Basically what I’m trying to say is, ‘Grappling the truth's root but getting stung by the symptom‘, that in society when we look for a solution, when there’s a problem in society we tackle the symptom instead of going for the root cause of the problem. Its like illnesses when you take, you might have diabetes for example, and you take medication, you take insulin, and you tend to suppress the shock but you’re not healing what’s actually causes diabetes, the root cause, so what I’m trying to say is that I’m not tackling the truth of the root of the problem in life, I’m only tackling and I’m getting stung by the symptom. We’re not solving the root problems of life, with money and economics and why we’re poor, we’re just tackling the surface of it. I think with politics and the way it is and if it stays the way it is then there will always be a problem, because its only geared towards the rich, its as simple as that no matter who you put in the seat. The way its structured is for the rich, the economics of it is just for the rich it doesn’t pay for the poor. We’re built on a land where we have to have the poor to be rich, and for the rich to stay rich. That’s not right and that’s not tackling the problems. At the US election with all these different people, Romney, and Obama they’re going to do the same thing. That’s what I’m trying to say we’re not tackling the root so we’re going to get stung by the symptom of it, and the symptom is, for example, oh lets get Romney in there in order to change things, he’s the symptom he’s not the root cause, he might change one or two things but he’s not solving or changing the root problem.

I love the chorus of ‘Organised Democracy’ where you ask ‘Does freedom have a shotgun?’, having the words freedom and shotgun in the same sentence, there’s an irony in there, especially in an ’organised’ democracy like America that seems to have an obsession with guns.

I’m proud of what I’ve done with that, yeah that was something I wanted to get across on that song.

I was going to ask you about Cyrus Malachi as you mention his name several times throughout the album, and he features on a few of the tracks, how long have you known him?

For a long time, I knew Skriblah Dan Gogh from Terra Firma, he knew him and his Triple Darkness crew, and grew up with him, and I jumped on a track with them.

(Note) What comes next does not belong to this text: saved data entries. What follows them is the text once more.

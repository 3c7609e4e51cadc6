-- ===== src/Regrw/Access.antt =====
-- The functions that the rest of the driver calls: `gpu_read`, `gpu_write`, and the reference count.
use mathlib.Core.List.{append_assoc}
use mathlib.Core.Path.{subst}
use nugpgpu.Prelude.{
  ℕ, ◌+◌, ◌-◌, ◌%◌, ◌^◌, ◌≡◌, ◌∙◌, refl, ap, sym, Bool, true, false, List, [], ◌∷◌, ◌++◌,
  if◌then◌else◌, ◌==◌, ◌&&◌,
}
use nugpgpu.Platform.{Width, Platform}
use nugpgpu.Machine.{State, Event, rd, wr, acquire, release, when, trace_in, spin_lock, spin_unlock}
use nugpgpu.Machine.Log.{held, free, effects}
use nugpgpu.Machine.Log.Touches.{Touches, Touches-refl, Touches-trans, traced-Touches}
use nugpgpu.Regrw.{needs_forcewake, raw_gpu_read, forcewake_get, forcewake_put, gpu_read, gpu_write}
use nugpgpu.Regrw.Effects.{
  wake_events, sleep_events, claim_events, raw_gpu_read-Touches, raw_gpu_write-Touches,
  gpu_unclaimed_reg_debug-Touches, forcewake_get-Touches, forcewake_put-Touches,
}

-- The effects `evs` between taking the lock and giving it back.
abbrev pub locked : List Event → List Event
locked evs = release ∷ (evs ++ (acquire ∷ []))

-- Around a read with the count at zero, of a register that sleeps: wake, and let sleep again.
abbrev pub read_events : ℕ → ℕ → ℕ → Bool → List Event
read_events regs count reg error =
    if (count == 0) && needs_forcewake reg then sleep_events regs error ++ wake_events regs else []

-- A write, and the clearing of an unclaimed access found before and after it.
abbrev pub write_events : ℕ → Width → ℕ → ℕ → Bool → Bool → List Event
write_events regs w reg val before after =
    claim_events regs after ++ (wr w (regs + reg) val ∷ claim_events regs before)

-- The count after `--`, as an `unsigned`.
abbrev pub counted_down : ℕ → ℕ
counted_down n = (n + 2 ^ 32 - 1) % 2 ^ 32

read_events-append :
    (b : Bool) (x y : List Event)
    → (if b then x else []) ++ (if b then y else []) ≡ (if b then x ++ y else [])
read_events-append true x y = refl
read_events-append false x y = refl

module _ {W : Type 0} ⦃p : Platform W⦄ where
  pub locked-Touches :
      {evs : List Event} (s t : State W)
      → Touches held evs (spin_lock s).1 t
      → Touches free (locked evs) s (spin_unlock t).1
  locked-Touches {evs} s t h = record {
    regs = h.regs;
    mmio_funcs = h.mmio_funcs;
    forcewake_count = h.forcewake_count;
    gtt = h.gtt;
    ring = h.ring;
    gtt_entry = h.gtt_entry;
    debug = h.debug;
    depth = h.depth;
    new = release ∷ (h.new ++ (acquire ∷ []));
    grows = ap (λ l. release ∷ l) (h.grows ∙ sym (append_assoc h.new (acquire ∷ []) s.log));
    log = ap (λ l. release ∷ l) (h.log ∙ sym (append_assoc evs (acquire ∷ []) (effects s.log)));
    lock = λ e. rw (h.lock (rw e));
  }

  when_get-Touches :
      (b : Bool) (reg : ℕ) (s : State W)
      → Touches held
          (if b && needs_forcewake reg then wake_events s.regs else [])
          s
          (when b (forcewake_get reg false) s).1
  when_get-Touches true reg s = forcewake_get-Touches reg false s
  when_get-Touches false reg s = Touches-refl s

  when_put-Touches :
      (b : Bool) (reg : ℕ) (s : State W) {regs : ℕ}
      → s.regs ≡ regs
      → (error : Bool) × Touches held
          (if b && needs_forcewake reg then sleep_events regs error else [])
          s
          (when b (forcewake_put reg false) s).1
  when_put-Touches true reg s e = rw (← e) (forcewake_put-Touches reg false s)
  when_put-Touches false reg s e = (false, Touches-refl s)

  -- The state in which `gpu_read` reads the register.
  abbrev pub before_read : ℕ → State W → State W
  before_read reg s =
      (when (s.forcewake_count == 0) (forcewake_get (reg % 2 ^ 32) false)
        (spin_lock (trace_in s).1).1).1

  pub before_read-Touches :
      (reg : ℕ) (s : State W)
      → Touches held
          (if (s.forcewake_count == 0) && needs_forcewake (reg % 2 ^ 32)
            then wake_events s.regs
            else [])
          (spin_lock (trace_in s).1).1
          (before_read reg s)
  before_read-Touches reg s =
      when_get-Touches (s.forcewake_count == 0) (reg % 2 ^ 32) (spin_lock (trace_in s).1).1

  -- `gpu_read` returns what the register held when it was read.
  pub gpu_read-value :
      (w : Width) (reg : ℕ) (s : State W)
      → (gpu_read w reg s).0 ≡ (raw_gpu_read w reg (before_read reg s)).0
  unfolding gpu_read
  gpu_read-value w reg s = refl

  -- The read of the register stands in the log right after the past of that state.
  pub gpu_read-log :
      (w : Width) (reg : ℕ) (s : State W)
      → (after : List Event) × ((gpu_read w reg s).1.log
          ≡ after ++ (rd w (s.regs + reg) (gpu_read w reg s).0 ∷ (before_read reg s).log))
  unfolding gpu_read
  gpu_read-log w reg s =
      let t = (raw_gpu_read w reg (before_read reg s)).1 in
      let (error, put) = when_put-Touches (t.forcewake_count == 0) (reg % 2 ^ 32) t refl in
      (
        release ∷ put.new,
        ap (λ l. release ∷ l) put.grows
            ∙ ap
                (λ (r : ℕ).
                  release
                  ∷ (put.new
                      ++ (rd w (r + reg) (raw_gpu_read w reg (before_read reg s)).0
                          ∷ (before_read reg s).log)))
                (before_read-Touches reg s).regs,
      )

  pub gpu_read-Touches :
      (w : Width) (reg : ℕ) (s : State W)
      → (error : Bool) × Touches free
          (locked (read_events s.regs s.forcewake_count (reg % 2 ^ 32) error))
          s
          (gpu_read w reg s).1
  unfolding gpu_read
  gpu_read-Touches w reg s =
      let a = before_read-Touches reg s in
      let b = Touches-trans a (raw_gpu_read-Touches w reg (before_read reg s)) in
      let (error, put) =
        when_put-Touches ((raw_gpu_read w reg (before_read reg s)).1.forcewake_count == 0)
          (reg % 2 ^ 32) (raw_gpu_read w reg (before_read reg s)).1 b.regs in
      let c =
        subst
          (λ (n : ℕ).
            Touches held
              (if (n == 0) && needs_forcewake (reg % 2 ^ 32) then sleep_events s.regs error else [])
              (raw_gpu_read w reg (before_read reg s)).1
              (when ((raw_gpu_read w reg (before_read reg s)).1.forcewake_count == 0)
                (forcewake_put (reg % 2 ^ 32) false) (raw_gpu_read w reg (before_read reg s)).1).1)
          b.forcewake_count put in
      (
        error,
        subst (λ evs. Touches free (locked evs) s (gpu_read w reg s).1)
            (read_events-append ((s.forcewake_count == 0) && needs_forcewake (reg % 2 ^ 32))
              (sleep_events s.regs error) (wake_events s.regs))
            (traced-Touches s _ (locked-Touches (trace_in s).1 _ (Touches-trans b c))),
      )

  -- `gpu_write` writes the value once, between two looks for an unclaimed access.
  pub gpu_write-Touches :
      (w : Width) (reg val : ℕ) (s : State W)
      → (before after : Bool) × Touches free
          (locked (write_events s.regs w reg val before after))
          s
          (gpu_write w reg val s).1
  unfolding gpu_write
  gpu_write-Touches w reg val s =
      let (before, a) = gpu_unclaimed_reg_debug-Touches (spin_lock (trace_in s).1).1 refl in
      let b = Touches-trans a (raw_gpu_write-Touches w reg val _ a.regs) in
      let (after, c) = gpu_unclaimed_reg_debug-Touches _ b.regs in
      (before, after, traced-Touches s _ (locked-Touches (trace_in s).1 _ (Touches-trans b c)))

  -- The same after calls that left the registers where they were.
  pub gpu_read-Touches_at :
      (w : Width) (reg : ℕ) {evs : List Event} {r s : State W}
      → Touches free evs r s
      → (error : Bool) × Touches free
          (locked (read_events r.regs r.forcewake_count (reg % 2 ^ 32) error) ++ evs)
          r
          (gpu_read w reg s).1
  gpu_read-Touches_at w reg {r = r} {s = s} h =
      let (error, t) = gpu_read-Touches w reg s in
      let at_regs =
        subst
          (λ (n : ℕ).
            Touches free (locked (read_events n s.forcewake_count (reg % 2 ^ 32) error)) s
              (gpu_read w reg s).1)
          h.regs t in
      let at_count =
        subst
          (λ (n : ℕ).
            Touches free (locked (read_events r.regs n (reg % 2 ^ 32) error)) s
              (gpu_read w reg s).1)
          h.forcewake_count at_regs in
      (error, Touches-trans h at_count)

  pub gpu_write-Touches_at :
      (w : Width) (reg val : ℕ) {evs : List Event} {r s : State W}
      → Touches free evs r s
      → (before after : Bool) × Touches free
          (locked (write_events r.regs w reg val before after) ++ evs)
          r
          (gpu_write w reg val s).1
  gpu_write-Touches_at w reg val {r = r} {s = s} h =
      let (before, after, t) = gpu_write-Touches w reg val s in
      (
        before,
        after,
        Touches-trans h (
            subst
              (λ (n : ℕ).
                Touches free (locked (write_events n w reg val before after)) s
                  (gpu_write w reg val s).1)
              h.regs t),
      )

I liked his style even though its different from mine, and the relationship grew from there.

Cyrus MalachI’s album Ancient Future from last year was amazing - one of my favourite albums of last year

Yeah the thing with Cyrus is that he’s able to make things so clear, I use metaphors, he does use metaphors sometimes, but I use a lot of flow and people might miss words. But with Cyrus I can hear everything he says and it stays with you.

Is there anyone in hip hop that you’re liking at the moment?

I like Jay Electronica, he’s not got an album out yet but its coming out next year, apart from him out of the new hip hop artists I like Doppel Gangers but they’re more underground.

Are there any albums that you like?

Albums; yeah Roc Marciano’s album was crazy, the new Nas album Life Is Good, was good although its something I like to pop my head into every now and again.

How do you feel about the way hip hop is going at the moment?

I don’t know how to explain it there’s a whole new blueprint to hip hop now. All the rules, regulations, everything, and how things go, its not really to how I like it. Its always been geared towards making money, I’m not saying that that element (the corporate and commercial side of it) hasn’t always been in it, but they’re cornering everything they corner opportunities. There are alternatives to that commercial end of it. But its about the fan base, its about who you are as an artist that makes you stand out, and if they love you for your music then there‘s a good chance that you can survive.’

Do you have plans to make music after Magna Carta?

I’m kind of going off what happens with this album first. I love music I’ll never stop making music though. But in terms of properly putting it out there then that’s another thing. But I make music for the love of it above anything else.